I must note that the concept of metadata has been in use in computer science circles for decades, and that the (comparatively) recent emphasis on it in the library world indicates that librarians are collaborating with computer scientists to solve the problems of information discovery and retrieval in the digital age. The divide between librarians and computer scientists may not be as wide as Kathleen Burnett, Kwong Bor Ng and Soyeon Park (1999) seem to indicate in “A Comparison of the Two Traditions of Metadata Development.” According to the authors, librarians come from the bibliographic-control tradition, focusing on the description of individual objects with an emphasis on discovery by users, and computer scientists come from the data management tradition, encompassing the concerns of the bibliographic control tradition plus issues of security, data sharing, and data integrity. The present summary, however, in deference to the economy of space and to the limitations of its author, concentrates on library literature, and regrettably leaves even a lot of that out.

Various communities (e.g. the archival community, the museum community, the education community, the geographic and spatial data community, etc.) have been working to develop a plethora of metadata systems to enable the organization, searching, and use of their particular data. Comprehensive lists of metadata systems and metadata projects are easily found on the Web. International Federation of Library Associations and Institutions (IFLA) maintains an impressive list; the Committee on Institutional Cooperation (CIC) site “Links to Metadata Web Pages” (itself a useful list) describes the IFLA site as “the Metadata Gateway [which] should be the first stop for any search for information on digital libraries and metadata resources.” Also useful is the site maintained by UKOLN, “Metadata Resources.”

These long lists can be rather overwhelming, however, unless one has had an introduction to metadata and its uses. One of the most accessible introductions from the library perspective is Jessica Milstead and Susan Feldman’s “Metadata: Cataloging by Any Other Name…” (1999), which defines metadata and identifies the need for it in terms catalogers will understand: “If all documents carry the same fields, and also use the same controlled vocabularies, then we should be able to improve searching.” Milstead and Feldman's companion article “Metadata Projects and Standards” (1999b) identifies some of the players on the metadata scene (International Organization for Standardization, World Wide Web Consortium, etc.) and gives short descriptions of a few dozen of the most famous metadata projects.
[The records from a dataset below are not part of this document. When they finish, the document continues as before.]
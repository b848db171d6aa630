-- ===== src/ExecutionList/Session.antt =====
-- The list of view/flow-execution-list.js through all updates of a flow without embedded flows.
use azkaban_private.Prelude.{ℕ, suc, ◌≡◌, refl, some, List, [], ◌∷◌, Memᴰ, All}
use azkaban_private.Flow.{Ref, Heap}
use azkaban_private.ExecutionList.{Page, empty_page, target, Update, update_jobs}
use azkaban_private.ExecutionList.Bodies.{IsListed}
use azkaban_private.ExecutionList.Listed.{empty_page-IsListed, update_jobs-Keeps}
use azkaban_private.ExecutionList.Rows.{KeepsMembers, update_job_row_lem}

-- The nodes of an update embed no flow.
abbrev pub IsFlatUpdate : Update → Type 0
IsFlatUpdate u = (r : Ref) → Memᴰ r u.nodes → (u.heap (target u.heap r)).nodes ≡ []

update_jobs-returns :
    (sort : Heap → List Ref → List Ref) (fuel : ℕ) (body : Ref) (updates : List Update)
    (page : Page)
    → KeepsMembers sort
    → All IsFlatUpdate updates
    → (page' : Page) × (update_jobs sort (suc fuel) body updates page ≡ some page')
unfolding update_jobs
update_jobs-returns sort fuel body [] page keeps flat = (page, refl)
update_jobs-returns sort fuel body (u ∷ updates) page keeps (first, flat) =
    let (page1, run, _) = update_job_row_lem sort u.now fuel u.heap body u.nodes page keeps first in
    let (page2, run') = update_jobs-returns sort fuel body updates page1 keeps flat in
    (page2, rw run run')

-- When the engine's sorting keeps the nodes, the list of a flow without embedded flows can be drawn
-- and updated any number of times; from an empty page, the nodes of a table's body are then exactly
-- those that have a row in it, and none is there twice.
pub update_jobs-IsListed :
    (sort : Heap → List Ref → List Ref) (fuel : ℕ) (body : Ref) (updates : List Update)
    → KeepsMembers sort
    → All IsFlatUpdate updates
    → (page : Page) × (update_jobs sort (suc fuel) body updates empty_page ≡ some page)
      × IsListed page
update_jobs-IsListed sort fuel body updates keeps flat =
    let (page, run) = update_jobs-returns sort fuel body updates empty_page keeps flat in
    (
      page,
      run,
      update_jobs-Keeps sort (suc fuel) body updates empty_page page empty_page-IsListed run,
    )
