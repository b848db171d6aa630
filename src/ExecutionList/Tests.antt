-- ===== src/ExecutionList/Tests.antt =====
-- Runs of the list of jobs of an execution.
use azkaban_private.Prelude.{
  refl, map, ◌*◌, ◌≤◌, ◌-◌, ◌==◌, ◌≡◌, if◌then◌else◌, some, List, [], ◌∷◌, arith,
}
use azkaban_private.Flow.{Ref, Heap, Node, fresh, unset, at_ms}
use azkaban_private.Status.{ready, running, succeeded}
use azkaban_private.ExecutionList.{Page, empty_page, target, update_job_row, Update, update_jobs}
use azkaban_private.Prelude.Signed.{whole, ◌⊕◌}
use azkaban_private.ExecutionList.Bars.{
  Attempt, Bar, span, units, attempt_bars, outer_left_margin, main_bar,
}
use azkaban_private.ExecutionList.Placed.{IsSame, places, StandAt, update_progress_bar-StandAt}
use azkaban_private.ExecutionList.Bodies.{IsListed}
use azkaban_private.ExecutionList.Rows.{KeepsMembers, Updates, update_job_row_lem}
use azkaban_private.ExecutionList.Session.{update_jobs-IsListed}

abbrev job : Node
job = fresh "a" "java" [] []

-- The first job has started and the second has not.
abbrev early : Heap
early r =
    if r == 1
    then record job { status = some running; start_time = at_ms 500; end_time = unset }
    else record job { status = some ready; start_time = unset; end_time = unset }

-- An update for both, whose objects are 3 and 4.
abbrev late : Heap
late r =
    if r == 1
    then record job { status = some succeeded; start_time = at_ms 500; end_time = at_ms 900 }
    else if r == 2
    then record job { status = some running; start_time = at_ms 950; end_time = unset }
    else record job { changed_node = some (r - 2) }

abbrev as_given : Heap → List Ref → List Ref
as_given h nodes = nodes

as_given-KeepsMembers : KeepsMembers as_given
as_given-KeepsMembers h nodes r = ((λ m. m), λ m. m)

abbrev updates : List Update
updates =
    record { heap = early; now = 600; nodes = 1 ∷ 2 ∷ [] }
    ∷ record { heap = late; now = 1000; nodes = 3 ∷ 4 ∷ [] }
    ∷ []

early-flat : (r : Ref) → (early r).nodes ≡ []
early-flat r = ground arith

late-flat : (r : Ref) → (late r).nodes ≡ []
late-flat r = ground arith

update_job_row_lem_example :
    (page' : Page) × (update_job_row as_given 600 early 1 0 (1 ∷ 2 ∷ []) empty_page ≡ some page')
    × Updates 600 early 0 (1 ∷ 2 ∷ []) empty_page page'
update_job_row_lem_example =
    update_job_row_lem as_given 600 0 early 0 (1 ∷ 2 ∷ []) empty_page as_given-KeepsMembers
      (λ r m. early-flat (target early r))

update_jobs-IsListed_example :
    (page : Page) × (update_jobs as_given 1 0 updates empty_page ≡ some page) × IsListed page
update_jobs-IsListed_example =
    update_jobs-IsListed as_given 0 0 updates as_given-KeepsMembers
      ((λ r m. early-flat (target early r)), ((λ r m. late-flat (target late r)), tt))

-- A flow of 1000 milliseconds in 280 pixels, with an embedded flow that started after 300.
abbrev attempts : List Attempt
attempts =
    record { start_time = 400; end_time = 500 } ∷ record { start_time = 550; end_time = 552 } ∷ []

-- The second is drawn with the least width, three pixels.
widths :
    map (λ (bar : Bar). bar.width) (attempt_bars 280 0 1000 (whole 0) attempts) ≡ 28000 ∷ 3000 ∷ []
unfolding attempt_bars
widths = refl

update_progress_bar-StandAt_example :
    IsSame
      (outer_left_margin 280 0 300 ⊕ (main_bar 280 0 1000 300 700 900).margin)
      (units 280 0 700)
    × ((main_bar 280 0 1000 300 700 900).width ≤ 280 * span 280 0 1000)
    × StandAt 280 0 1000
        (units 280 0 300)
        attempts
        (places (outer_left_margin 280 0 300) (attempt_bars 280 0 1000 (whole 0) attempts))
update_progress_bar-StandAt_example =
    update_progress_bar-StandAt 280 0 1000 300 700 900 attempts (omega arith) (omega arith)
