-- ===== src/FlowPage.antt =====
-- view/flow.js: the page of a flow, with the pages of its list of executions.
pub mod Pages
pub mod Narrow
mod Tests
use azkaban_private.Prelude.{
  ℕ, suc, ◌+◌, ◌-◌, ◌*◌, ◌/◌, ◌==◌, ltb, leb, if◌then◌else◌, Bool, false, true, ◌&&◌, not, Option,
  none, some, List, [], ◌∷◌,
}
use azkaban_private.Prelude.Int.{ℤ, pos, negsuc, ◌+ℤ◌, ◌-ℤ◌, ltb_ℤ, eqb_ℤ, leb_ℤ, scale}

-- The tabs of the page.
pub data Tab : Type 0 where
  graph executions summary : Tab

abbrev pub tab_number : Tab → ℕ
tab_number graph = 0
tab_number executions = 1
tab_number summary = 2

-- The classes `active` of the links, what is shown, and how often `change:view` was triggered.
pub record Tabs : Type 0 where
  pub active : Tab → Bool
  pub visible : Tab → Bool
  pub view_changes : ℕ

-- `handleGraphLinkClick`, `handleExecutionLinkClick` and `handleSummaryLinkClick`.
unfoldable pub handle_link_click : Tab → Tabs → Tabs
handle_link_click t v = record v {
  active = λ u. tab_number t == tab_number u;
  visible = λ u. tab_number t == tab_number u;
  view_changes = if tab_number t == 1 then suc v.view_changes else v.view_changes;
}

-- One element of the page selection; a page that was never set is absent.
pub record PageButton : Type 0 where
  pub disabled : Bool
  pub active : Bool
  pub page : Option ℤ

-- `#page1` to `#page5` by their number, `#previous` and `#next`.
pub record PageSelection : Type 0 where
  pub button : ℕ → PageButton
  pub previous : PageButton
  pub next : PageButton

-- `total ? total : 1`, where `none` is undefined.
abbrev pub total_or : Option ℕ → ℕ
total_or none = 1
total_or (some n) = if n == 0 then 1 else n

-- `Math.ceil(total / pageSize)`
abbrev pub num_pages : Option ℕ → ℕ → ℕ
num_pages total page_size = (total_or total + (page_size - 1)) / page_size

-- The ladder for the position of the selection: the first page shown and the selected position.
unfoldable pub selection : ℤ → ℕ → ℤ × ℤ
selection page n =
    if ltb_ℤ page (pos 3)
    then (pos 1, page)
    else if eqb_ℤ page (pos n)
    then (pos n -ℤ pos 4, pos 5)
    else if eqb_ℤ page (pos n -ℤ pos 1)
    then (pos n -ℤ pos 4, pos 4)
    else (page -ℤ pos 2, pos 3)

-- What is drawn for a first page and a selected position. A button has its page from the last loop.
abbrev pub drawn : ℤ → ℤ → ℤ → ℕ → PageSelection → PageSelection
drawn start position page n old = record {
  button = λ i. record {
    disabled = ltb n i;
    active = eqb_ℤ (pos i) position;
    page = some (start +ℤ (pos i -ℤ pos 1));
  };
  previous = record {
    disabled = not (ltb_ℤ (pos 1) page);
    active = false;
    page = if ltb_ℤ (pos 1) page then some (page -ℤ pos 1) else old.previous.page;
  };
  next = record {
    disabled = not (ltb_ℤ page (pos n));
    active = false;
    page = some (page +ℤ pos 1);
  };
}

-- `renderPagination`; `none` is the TypeError for a position that no element has.
unfoldable pub render_pagination : ℤ → ℕ → PageSelection → Option PageSelection
render_pagination page n old =
    let (start, position) = selection page n in
    if leb_ℤ (pos 1) position && leb_ℤ position (pos 5)
    then some (drawn start position page n old)
    else none

-- `handleChangePageSelection`: the page after a click on an element.
unfoldable pub change_page : PageButton → ℤ → ℤ
change_page b page = if b.disabled then page else elim b.page [ none ↦ page | some p ↦ p ]

-- The parameters `start` and `length` of the request of `handlePageChange`.
unfoldable pub page_request : ℤ → ℕ → ℤ × ℕ
page_request page page_size = (scale (page -ℤ pos 1) page_size, page_size)

-- `handleChangeView`: the first page is fetched once.
unfoldable pub handle_change_view : Bool → Bool × Bool
handle_change_view initialized = (not initialized, true)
Milstead and Feldman also refer to Dempsey, Russell, and Heery of the DESIRE project's “A Review of Metadata: A Survey of Current Resource Description Formats” (1997), which classifies metadata projects into three groups: Band One, or simple formats employing mainly unstructured data automatically extracted and indexed, such as Yahoo, Lycos, etc.; Band Two, or structured formats supporting user discovery of resources and some human intervention in the task of indexing, such as Dublin Core; and Band Three, or richly structured formats, which require elaborate tagging, such as MARC or TEI. Judith Ahronheim's article “Descriptive Metadata: Emerging Standards” (1998) is helpful to those trying to sort out the alphabet soup of metadata-speak. She gives short explanations of SGML, RDF, XML, TEI, FGDC and others, and provides a useful “Basic Resource List”, that includes the Web sites of the above-mentioned systems.

It is no accident that writing on metadata issues increased exponentially in 1995. That year saw the beginning of the Dublin Core (DC) Metadata Initiative, which over the past five years has emerged as the metadata system of broadest interest to libraries, as well as the one in which librarians have had the most influence in creating (aside from MARC, of course). The DC workshop reports available, from March 1995, April 1996, September 1996, March 1997, October 1997, and November 1998 (the seventh and latest DC workshop, in October 1999, did not have a report as of this writing) are the best sources for the theoretical discussions that have contributed to the DC. The system has developed from a 13-element set for describing primarily textual DLOs (document-like objects) to a 15-element set adaptable to images and other materials. At its heart, however, it has remained an attempt to enable users to discover huge numbers of worthwhile Internet materials, by using simple (in comparison to MARC format) embedded metadata creatable by authors and non-catalogers. No actual research exists as of yet measuring the cost savings resulting from using DC instead of MARC, or documenting how using DC vs. MARC affects retrieval, both of which issues are commended to future research by Clifford Lynch (1998). Another area for future research is into whether Web authors know about DC and use it and, if so, how well they apply it.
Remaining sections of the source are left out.